■ **EXERCISE DIRECTIONS**: Give back only the lines in the records below from the one with "marshal_with_checksum h src" to the one with "let sum = csum", both inclusive, word for word.

*** TASK DATA ***

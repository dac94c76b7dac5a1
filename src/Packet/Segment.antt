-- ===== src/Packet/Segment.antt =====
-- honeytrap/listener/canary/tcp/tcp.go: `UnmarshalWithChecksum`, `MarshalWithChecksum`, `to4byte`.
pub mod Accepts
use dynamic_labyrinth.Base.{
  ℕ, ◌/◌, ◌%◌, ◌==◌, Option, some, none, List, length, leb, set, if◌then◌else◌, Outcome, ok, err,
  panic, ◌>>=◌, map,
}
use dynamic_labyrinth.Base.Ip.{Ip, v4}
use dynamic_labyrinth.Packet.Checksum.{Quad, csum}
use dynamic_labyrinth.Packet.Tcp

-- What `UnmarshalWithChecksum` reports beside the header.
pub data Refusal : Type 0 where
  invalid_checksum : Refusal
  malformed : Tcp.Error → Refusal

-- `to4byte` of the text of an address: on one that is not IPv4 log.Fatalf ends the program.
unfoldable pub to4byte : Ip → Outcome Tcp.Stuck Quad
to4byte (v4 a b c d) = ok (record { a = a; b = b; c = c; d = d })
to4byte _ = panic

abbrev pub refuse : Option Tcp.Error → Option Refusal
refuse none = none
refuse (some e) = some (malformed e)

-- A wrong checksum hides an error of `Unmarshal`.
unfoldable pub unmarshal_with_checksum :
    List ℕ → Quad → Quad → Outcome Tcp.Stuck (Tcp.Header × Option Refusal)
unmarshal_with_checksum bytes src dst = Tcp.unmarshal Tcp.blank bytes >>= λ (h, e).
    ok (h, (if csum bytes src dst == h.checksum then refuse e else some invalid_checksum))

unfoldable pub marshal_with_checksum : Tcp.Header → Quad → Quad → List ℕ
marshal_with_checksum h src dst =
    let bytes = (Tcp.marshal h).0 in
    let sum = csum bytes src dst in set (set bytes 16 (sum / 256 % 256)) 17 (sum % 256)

***
*** TASK DATA ***

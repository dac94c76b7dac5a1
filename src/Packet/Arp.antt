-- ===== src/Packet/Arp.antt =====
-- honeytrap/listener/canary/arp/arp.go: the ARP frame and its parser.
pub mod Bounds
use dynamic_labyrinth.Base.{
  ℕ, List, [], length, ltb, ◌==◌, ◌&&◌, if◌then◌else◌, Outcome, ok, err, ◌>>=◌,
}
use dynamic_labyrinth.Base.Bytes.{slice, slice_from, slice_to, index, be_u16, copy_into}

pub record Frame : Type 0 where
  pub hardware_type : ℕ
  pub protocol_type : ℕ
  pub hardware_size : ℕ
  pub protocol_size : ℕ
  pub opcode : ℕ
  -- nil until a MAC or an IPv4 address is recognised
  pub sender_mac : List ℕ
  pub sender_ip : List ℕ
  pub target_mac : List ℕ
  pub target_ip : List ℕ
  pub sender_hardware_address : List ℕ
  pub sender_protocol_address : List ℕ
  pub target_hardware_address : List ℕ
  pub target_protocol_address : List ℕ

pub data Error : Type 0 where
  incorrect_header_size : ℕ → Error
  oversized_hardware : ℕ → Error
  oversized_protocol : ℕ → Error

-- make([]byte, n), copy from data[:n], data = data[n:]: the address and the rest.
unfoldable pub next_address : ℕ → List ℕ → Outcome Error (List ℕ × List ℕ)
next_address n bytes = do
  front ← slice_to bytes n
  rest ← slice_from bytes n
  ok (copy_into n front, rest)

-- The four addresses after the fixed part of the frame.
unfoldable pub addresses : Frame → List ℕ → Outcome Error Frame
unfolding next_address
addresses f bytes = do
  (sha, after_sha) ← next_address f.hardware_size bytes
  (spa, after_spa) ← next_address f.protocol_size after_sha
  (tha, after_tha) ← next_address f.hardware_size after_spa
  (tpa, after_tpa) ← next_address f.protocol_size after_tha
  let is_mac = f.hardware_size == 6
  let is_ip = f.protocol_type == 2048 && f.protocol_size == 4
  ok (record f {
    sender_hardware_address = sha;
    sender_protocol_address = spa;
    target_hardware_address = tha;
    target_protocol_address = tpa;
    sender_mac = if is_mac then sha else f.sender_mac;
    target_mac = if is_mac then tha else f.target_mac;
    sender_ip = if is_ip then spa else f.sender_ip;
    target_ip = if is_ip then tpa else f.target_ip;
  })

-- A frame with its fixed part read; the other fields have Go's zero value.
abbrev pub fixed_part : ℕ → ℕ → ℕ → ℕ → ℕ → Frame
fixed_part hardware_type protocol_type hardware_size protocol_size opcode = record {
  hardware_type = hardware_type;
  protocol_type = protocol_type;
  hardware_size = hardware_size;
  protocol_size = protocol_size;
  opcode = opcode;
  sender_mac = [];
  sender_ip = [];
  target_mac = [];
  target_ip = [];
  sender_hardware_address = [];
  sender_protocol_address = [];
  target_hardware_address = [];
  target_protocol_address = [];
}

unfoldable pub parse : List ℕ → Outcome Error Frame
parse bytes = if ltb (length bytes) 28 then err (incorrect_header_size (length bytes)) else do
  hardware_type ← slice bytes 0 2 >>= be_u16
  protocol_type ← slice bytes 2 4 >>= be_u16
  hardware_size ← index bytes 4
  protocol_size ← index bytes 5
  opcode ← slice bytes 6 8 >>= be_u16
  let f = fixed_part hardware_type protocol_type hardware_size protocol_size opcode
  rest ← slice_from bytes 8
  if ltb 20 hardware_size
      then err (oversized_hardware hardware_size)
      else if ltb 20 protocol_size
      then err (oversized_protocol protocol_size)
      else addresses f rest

***

■ **RESPONSE**:
marshal_with_checksum h src dst =
    let bytes = (Tcp.marshal h).0 in
    let sum = csum bytes src dst in set (set bytes 16 (sum / 256 % 256)) 17 (sum % 256)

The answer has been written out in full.